Aim of the exercise >> Identify all lines in the data containing the string "Handlers". Copy them out.

Exercise input >>
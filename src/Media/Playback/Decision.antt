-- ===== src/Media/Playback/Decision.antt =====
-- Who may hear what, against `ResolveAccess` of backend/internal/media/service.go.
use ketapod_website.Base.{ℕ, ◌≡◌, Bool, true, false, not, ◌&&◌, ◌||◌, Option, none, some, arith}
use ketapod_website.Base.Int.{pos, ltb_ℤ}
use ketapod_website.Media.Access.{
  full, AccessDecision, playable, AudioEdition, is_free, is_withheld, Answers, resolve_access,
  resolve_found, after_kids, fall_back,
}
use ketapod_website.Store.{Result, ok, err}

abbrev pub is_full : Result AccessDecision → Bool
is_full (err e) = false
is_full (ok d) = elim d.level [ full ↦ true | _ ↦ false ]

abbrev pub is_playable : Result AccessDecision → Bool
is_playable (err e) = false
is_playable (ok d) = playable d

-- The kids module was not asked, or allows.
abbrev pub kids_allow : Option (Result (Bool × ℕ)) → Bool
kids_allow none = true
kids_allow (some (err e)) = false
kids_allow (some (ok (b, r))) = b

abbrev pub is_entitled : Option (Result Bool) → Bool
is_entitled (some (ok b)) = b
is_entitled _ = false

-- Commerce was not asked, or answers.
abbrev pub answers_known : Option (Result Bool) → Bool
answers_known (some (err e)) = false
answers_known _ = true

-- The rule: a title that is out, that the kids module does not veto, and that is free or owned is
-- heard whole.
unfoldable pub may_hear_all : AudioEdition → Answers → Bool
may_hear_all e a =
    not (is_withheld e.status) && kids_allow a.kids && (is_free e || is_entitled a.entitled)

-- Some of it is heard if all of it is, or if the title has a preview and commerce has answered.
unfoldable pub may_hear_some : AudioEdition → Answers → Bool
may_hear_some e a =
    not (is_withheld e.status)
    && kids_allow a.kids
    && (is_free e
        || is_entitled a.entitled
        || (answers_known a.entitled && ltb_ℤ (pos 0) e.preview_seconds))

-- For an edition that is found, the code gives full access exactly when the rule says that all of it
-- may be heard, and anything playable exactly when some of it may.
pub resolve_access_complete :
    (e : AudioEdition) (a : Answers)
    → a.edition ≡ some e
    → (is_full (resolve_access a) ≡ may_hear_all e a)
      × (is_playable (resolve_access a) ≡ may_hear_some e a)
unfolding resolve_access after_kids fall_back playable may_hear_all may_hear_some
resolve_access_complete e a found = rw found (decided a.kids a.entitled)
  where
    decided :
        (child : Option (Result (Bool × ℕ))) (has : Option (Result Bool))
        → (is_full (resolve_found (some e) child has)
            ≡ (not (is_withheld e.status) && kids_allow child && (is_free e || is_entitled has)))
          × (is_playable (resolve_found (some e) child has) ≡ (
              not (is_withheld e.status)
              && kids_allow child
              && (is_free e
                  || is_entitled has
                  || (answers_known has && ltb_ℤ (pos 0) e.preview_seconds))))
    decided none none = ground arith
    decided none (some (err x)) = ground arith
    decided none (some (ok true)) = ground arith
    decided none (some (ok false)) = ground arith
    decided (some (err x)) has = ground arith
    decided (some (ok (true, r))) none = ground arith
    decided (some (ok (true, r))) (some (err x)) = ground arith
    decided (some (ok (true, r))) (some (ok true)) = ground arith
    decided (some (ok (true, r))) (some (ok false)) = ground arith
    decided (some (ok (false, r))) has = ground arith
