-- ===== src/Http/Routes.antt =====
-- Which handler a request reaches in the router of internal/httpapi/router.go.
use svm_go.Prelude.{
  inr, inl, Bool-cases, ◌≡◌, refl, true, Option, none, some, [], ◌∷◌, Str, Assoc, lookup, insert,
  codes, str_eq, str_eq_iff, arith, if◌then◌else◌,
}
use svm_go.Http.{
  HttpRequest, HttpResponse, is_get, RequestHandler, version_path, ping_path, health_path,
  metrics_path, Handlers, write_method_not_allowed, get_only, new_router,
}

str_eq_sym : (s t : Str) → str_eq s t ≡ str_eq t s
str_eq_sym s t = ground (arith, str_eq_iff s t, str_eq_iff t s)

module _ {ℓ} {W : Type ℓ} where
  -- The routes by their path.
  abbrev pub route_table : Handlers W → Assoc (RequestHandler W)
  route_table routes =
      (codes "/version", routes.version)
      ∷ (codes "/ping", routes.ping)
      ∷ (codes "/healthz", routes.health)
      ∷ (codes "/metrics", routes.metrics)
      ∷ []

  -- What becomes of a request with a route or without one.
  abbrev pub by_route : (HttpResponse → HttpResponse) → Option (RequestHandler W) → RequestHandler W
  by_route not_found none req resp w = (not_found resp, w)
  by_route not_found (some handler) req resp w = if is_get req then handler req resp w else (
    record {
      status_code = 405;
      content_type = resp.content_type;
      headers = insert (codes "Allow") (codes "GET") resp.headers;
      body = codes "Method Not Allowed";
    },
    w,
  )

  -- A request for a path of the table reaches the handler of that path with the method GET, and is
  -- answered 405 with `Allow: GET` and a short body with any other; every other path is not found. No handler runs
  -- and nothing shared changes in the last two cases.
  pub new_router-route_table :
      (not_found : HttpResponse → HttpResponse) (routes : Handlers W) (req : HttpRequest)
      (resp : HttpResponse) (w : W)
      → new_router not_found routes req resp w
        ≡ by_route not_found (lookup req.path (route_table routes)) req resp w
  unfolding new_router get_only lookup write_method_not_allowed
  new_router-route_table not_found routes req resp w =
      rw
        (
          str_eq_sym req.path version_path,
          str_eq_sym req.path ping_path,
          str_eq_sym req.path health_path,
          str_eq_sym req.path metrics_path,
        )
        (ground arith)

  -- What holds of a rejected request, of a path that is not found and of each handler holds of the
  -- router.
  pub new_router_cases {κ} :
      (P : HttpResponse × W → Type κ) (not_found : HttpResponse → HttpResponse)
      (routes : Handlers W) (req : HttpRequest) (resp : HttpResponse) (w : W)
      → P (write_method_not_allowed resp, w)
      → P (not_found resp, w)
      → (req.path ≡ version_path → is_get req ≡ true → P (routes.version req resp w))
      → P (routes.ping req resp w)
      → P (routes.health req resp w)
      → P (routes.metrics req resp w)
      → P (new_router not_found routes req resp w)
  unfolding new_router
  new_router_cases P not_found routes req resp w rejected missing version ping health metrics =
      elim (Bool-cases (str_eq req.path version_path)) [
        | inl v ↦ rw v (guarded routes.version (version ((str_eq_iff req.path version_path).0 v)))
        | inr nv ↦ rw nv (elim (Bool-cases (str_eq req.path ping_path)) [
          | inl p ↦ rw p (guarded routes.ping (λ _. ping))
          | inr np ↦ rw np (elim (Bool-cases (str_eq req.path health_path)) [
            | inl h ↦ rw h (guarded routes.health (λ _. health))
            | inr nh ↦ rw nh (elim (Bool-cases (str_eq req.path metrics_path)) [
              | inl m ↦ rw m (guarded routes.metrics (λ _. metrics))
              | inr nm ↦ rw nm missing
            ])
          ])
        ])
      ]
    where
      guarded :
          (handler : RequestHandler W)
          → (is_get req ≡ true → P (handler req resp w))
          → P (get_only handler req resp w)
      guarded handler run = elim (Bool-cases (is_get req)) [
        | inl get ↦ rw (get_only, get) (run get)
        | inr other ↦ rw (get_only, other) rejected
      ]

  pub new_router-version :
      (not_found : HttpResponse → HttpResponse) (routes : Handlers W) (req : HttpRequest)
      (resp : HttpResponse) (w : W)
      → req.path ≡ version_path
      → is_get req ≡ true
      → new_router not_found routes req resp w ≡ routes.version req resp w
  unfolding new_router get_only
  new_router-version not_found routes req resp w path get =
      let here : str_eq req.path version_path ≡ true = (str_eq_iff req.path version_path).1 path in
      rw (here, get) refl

Completed exercise >>
  metrics_path, Handlers, write_method_not_allowed, get_only, new_router,
  abbrev pub route_table : Handlers W → Assoc (RequestHandler W)
      (not_found : HttpResponse → HttpResponse) (routes : Handlers W) (req : HttpRequest)
      (routes : Handlers W) (req : HttpRequest) (resp : HttpResponse) (w : W)
      (not_found : HttpResponse → HttpResponse) (routes : Handlers W) (req : HttpRequest)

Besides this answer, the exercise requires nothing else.